Pinocchio, written by Carlo Collodi and illustrated by Gris Grimly, came to my attention at the Tor party at Boskone. Many of the pages were scattered around (along with the more usual book covers), and I found the illustrations very striking. Bookstores seemed strangely baffled when I inquired about this edition, so here’s a link to Amazon (ISBN 0765344580); click on “more pictures” for some of the illustrations.

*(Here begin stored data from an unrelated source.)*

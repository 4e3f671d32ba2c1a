-- ===== src/Store/Consistent/Batches.antt =====
-- The loop and the transaction of `InsertEvents` over the rounds of Insertion.
use traceboard.Prelude.{ℕ, ◌+◌, List, [], ◌∷◌, ◌≡◌, refl, subst, arith, length}
use traceboard.Event.{Event, Instant}
use traceboard.Platform.{Platform}
use traceboard.Store.{Db, ok, err, >>=-eq-ok}
use traceboard.Store.Prepare.{prepare_event}
use traceboard.Store.Insert.{
  InsertResult, no_result, insert_one, insert_loop, finish, insert_events, Progress,
}
use traceboard.Store.Consistent.{IsConsistent}
use traceboard.Store.Consistent.Insertion.{total, insert_prepared-Advances}

module _ (platform : Platform) (clock : ℕ → Instant) where
  pub insert_loop_advances :
      (n : ℕ) (inputs : List Event) (r : InsertResult) (db : Db) (r' : InsertResult) (db' : Db)
      → insert_loop platform clock n inputs r db ≡ ok (r', db')
      → (total platform r' ≡ total platform r + length inputs)
        × (IsConsistent db → IsConsistent db')
  unfolding insert_loop insert_one
  insert_loop_advances n [] r db r' db' e =
      let same : db ≡ db' = ground arith in (ground arith, subst IsConsistent same)
  insert_loop_advances n (input ∷ rest) r db r' db' e =
      let ((r1, db1), e1, e2) = >>=-eq-ok (insert_one platform (clock n) input r db) _ e in
      let first =
        insert_prepared-Advances platform (clock n) input r db
          (prepare_event platform (clock n) input) r1 db1 e1 in
      let (sum, keeps) = insert_loop_advances (n + 1) rest r1 db1 r' db' e2 in
      (omega (arith, first.counts), λ h. keeps (first.consistent h))

  -- Whatever the batch, malformed events, duplicates and failures included, a database in which
  -- the counters of every run agree with the event table still is one after `InsertEvents`: each
  -- run's event count and error count are the numbers of its rows, its next sequence number is
  -- one more than its count, every event belongs to a run, and the sequence numbers of each run
  -- are 1, 2, … up to its count with no gap and no repetition.
  pub insert_events-IsConsistent :
      (inputs : List Event) (db : Db)
      → IsConsistent db
      → IsConsistent (insert_events platform clock inputs db).1
  unfolding insert_events finish
  insert_events-IsConsistent inputs db h =
      split (insert_loop platform clock 0 inputs no_result db) refl
    where
      split :
          (p : Progress)
          → insert_loop platform clock 0 inputs no_result db ≡ p
          → IsConsistent (finish platform db p).1
      split (ok (r', db')) e = (insert_loop_advances 0 inputs no_result db r' db' e).1 h
      split (err x) e = h

  -- If `InsertEvents` succeeds, every event of the batch is counted exactly once: accepted,
  -- duplicate and quarantined add up to the length of the batch.
  pub insert_events_total :
      (inputs : List Event) (db : Db) (r : InsertResult)
      → (insert_events platform clock inputs db).0 ≡ ok r
      → r.accepted + r.duplicate + r.quarantined ≡ length inputs
  unfolding insert_events finish
  insert_events_total inputs db r h =
      split (insert_loop platform clock 0 inputs no_result db) refl h
    where
      split :
          (p : Progress)
          → insert_loop platform clock 0 inputs no_result db ≡ p
          → (finish platform db p).0 ≡ ok r
          → r.accepted + r.duplicate + r.quarantined ≡ length inputs
      split (ok (r', db')) e q =
          ground (arith, (insert_loop_advances 0 inputs no_result db r' db' e).0)
      split (err x) e q = absurd (cc)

I’d never read Pinocchio before, and saw the Disney movie years ago. The book is certainly stranger and more complex than my recollection of the movie. For instance, Pinocchio’s primary character flaw in the book is his utter fecklessness, rather than lying. The translator is not listed, for some reason, but the prose is sprightly and engaging, and it has the sort of chapter headings that I’m a sucker for: “Pinocchio is hungry and searches for an egg to make himself an omelet; but just at the most interesting moment the omelet flies out the window.”

I can’t say I’m confident that Pinocchio has truly, permanently reformed by the end, but that’s Geppetto’s lookout, not mine. And his antics provided a quick, amusing read and the platform for some great illustrations. I quite enjoyed this edition.

(There was some discussion at Boskone about whether this edition was abridged. Since I don’t read Italian, I can’t say for sure, but this web site has a side-by-side translation, which looks like about the same amount of text as in my copy.)